* [Material to process]:
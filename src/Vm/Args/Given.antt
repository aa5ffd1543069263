-- ===== src/Vm/Args/Given.antt =====
-- The arguments of bhyve that are NULL.
use bmd.Prelude.{
  ℕ, ◌+◌, ap, sym, map, ◌≡◌, refl, Bool, Option, none, some, List, [], ◌∷◌, ◌++◌, Str, codes, All,
  case_eq, if_both,
}
use mathlib.Core.Path.{subst}
use mathlib.Core.List.{append_assoc}
use bmd.Parser.Load.Checked.{IsChecked}
use bmd.Conf.{HostbridgeType, VmConf}
use bmd.Vm.{Vm}
use bmd.Vm.Args.{
  Args, args_if, option_args, slot, all_devices, loader_args, hostbridge_args, comport_args,
  option_part, exec_args,
}
use bmd.Vm.Args.Slots.{devices, numbered, all_devices-numbered}

-- An argument that is not NULL.
abbrev pub IsGiven : Option Str → Type 0
IsGiven none = ⊥
IsGiven (some s) = Unit {0}

All-append : (xs ys : Args) → All IsGiven xs → All IsGiven ys → All IsGiven (xs ++ ys)
All-append [] ys h k = k
All-append (x ∷ xs) ys h k = (h.0, All-append xs ys h.1 k)

numbered-All : (n : ℕ) (ds : List Str) → All IsGiven (numbered n ds)
unfolding slot
numbered-All n [] = tt
numbered-All n (d ∷ ds) = (tt, (tt, numbered-All (n + 1) ds))

option_args-All : (flag : Str) (o : Option Str) → All IsGiven (option_args flag o)
unfolding option_args
option_args-All flag none = tt
option_args-All flag (some s) = (tt, (tt, tt))

comport_args-All : (o : Option Str) → All IsGiven (comport_args o)
unfolding comport_args
comport_args-All none = tt
comport_args-All (some s) = (tt, (tt, tt))

loader_args-All : (l v : Option Str) → All IsGiven (loader_args l v)
unfolding loader_args
loader_args-All none v = tt
loader_args-All (some l) v =
    if_both (All IsGiven) (case_eq l (codes "uefi")) _ _ (tt, (tt, tt))
      (if_both (All IsGiven) (case_eq l (codes "csm")) _ _ (tt, (tt, tt)) tt)

hostbridge_args-All : (h : HostbridgeType) → All IsGiven (hostbridge_args h)
unfolding hostbridge_args
hostbridge_args-All HostbridgeType.none = (tt, tt)
hostbridge_args-All HostbridgeType.intel = (tt, (tt, tt))
hostbridge_args-All HostbridgeType.amd = (tt, (tt, tt))

-- What is passed to the program: the pointers before the first NULL.
pub passed : Args → List Str
passed [] = []
passed (none ∷ as') = []
passed (some s ∷ as') = s ∷ passed as'

args_if-All : (b : Bool) (xs : Args) → All IsGiven xs → All IsGiven (args_if b xs)
args_if-All b xs h = if_both (All IsGiven) b xs [] h tt

option_part-All :
    (conf : VmConf) (vm : Vm)
    → IsGiven conf.ncpu
    → IsGiven conf.memory
    → All IsGiven (option_part conf vm)
unfolding option_part
option_part-All conf vm n m =
    let bridge =
      All-append (hostbridge_args conf.hostbridge) _ (hostbridge_args-All conf.hostbridge)
        (tt, (tt, tt)) in
    let boot =
      All-append (loader_args conf.loader vm.varsfile) _ (loader_args-All conf.loader vm.varsfile)
        bridge in
    let keys =
      All-append (option_args (codes "-K") conf.keymap) _ (option_args-All (codes "-K") conf.keymap)
        boot in
    let port =
      All-append (comport_args vm.assigned_comport) _ (comport_args-All vm.assigned_comport) keys in
    let debug =
      All-append (option_args (codes "-G") conf.debug_port) _
        (option_args-All (codes "-G") conf.debug_port) (tt, (n, (tt, (m, port)))) in
    let wired =
      All-append (args_if conf.wired_memory (some (codes "-S") ∷ [])) _
        (args_if-All conf.wired_memory _ (tt, tt)) debug in
    let clock =
      All-append (args_if conf.utctime (some (codes "-u") ∷ [])) _
        (args_if-All conf.utctime _ (tt, tt)) wired in
    (tt, (tt, (tt, (tt, clock))))

passed-All :
    (xs : Args)
    → All IsGiven xs
    → map some (passed (xs ++ none ∷ [])) ++ none ∷ [] ≡ xs ++ none ∷ []
unfolding passed
passed-All [] h = refl
passed-All (none ∷ xs) h = elim h.0 [ ]
passed-All (some s ∷ xs) h = ap (λ t. some s ∷ t) (passed-All xs h.1)

IsGiven-some : (o : Option Str) → (s : Str) × (o ≡ some s) → IsGiven o
IsGiven-some o (s, e) = rw e tt

-- Of a configuration that was accepted by a load, every argument that is written for bhyve is passed
-- to it: only the pointer at the end of the vector is NULL.
pub exec_args-passed :
    (conf : VmConf) (vm : Vm)
    → IsChecked conf
    → map some (passed (exec_args conf vm)) ++ none ∷ [] ≡ exec_args conf vm
unfolding exec_args
exec_args-passed conf vm c =
    let devices_given =
      subst (All IsGiven) (sym (all_devices-numbered conf vm)) (numbered-All 2 (devices conf vm)) in
    let given =
      All-append (option_part conf vm) _
        (option_part-All conf vm (IsGiven-some conf.ncpu c.ncpu)
          (IsGiven-some conf.memory c.memory))
        (All-append (all_devices conf vm) (some conf.name ∷ []) devices_given (tt, tt)) in
    let e : (option_part conf vm ++ (all_devices conf vm ++ some conf.name ∷ [])) ++ none ∷ []
        ≡ option_part conf vm ++ (all_devices conf vm ++ some conf.name ∷ none ∷ []) =
      simp append_assoc in
    subst (λ t. map some (passed t) ++ none ∷ [] ≡ t) e
      (passed-All (option_part conf vm ++ (all_devices conf vm ++ some conf.name ∷ [])) given)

* [What this task involves]:
Where a line of the records contains the word "subst", count it; state only the final tally.

* [Problem solution]:
3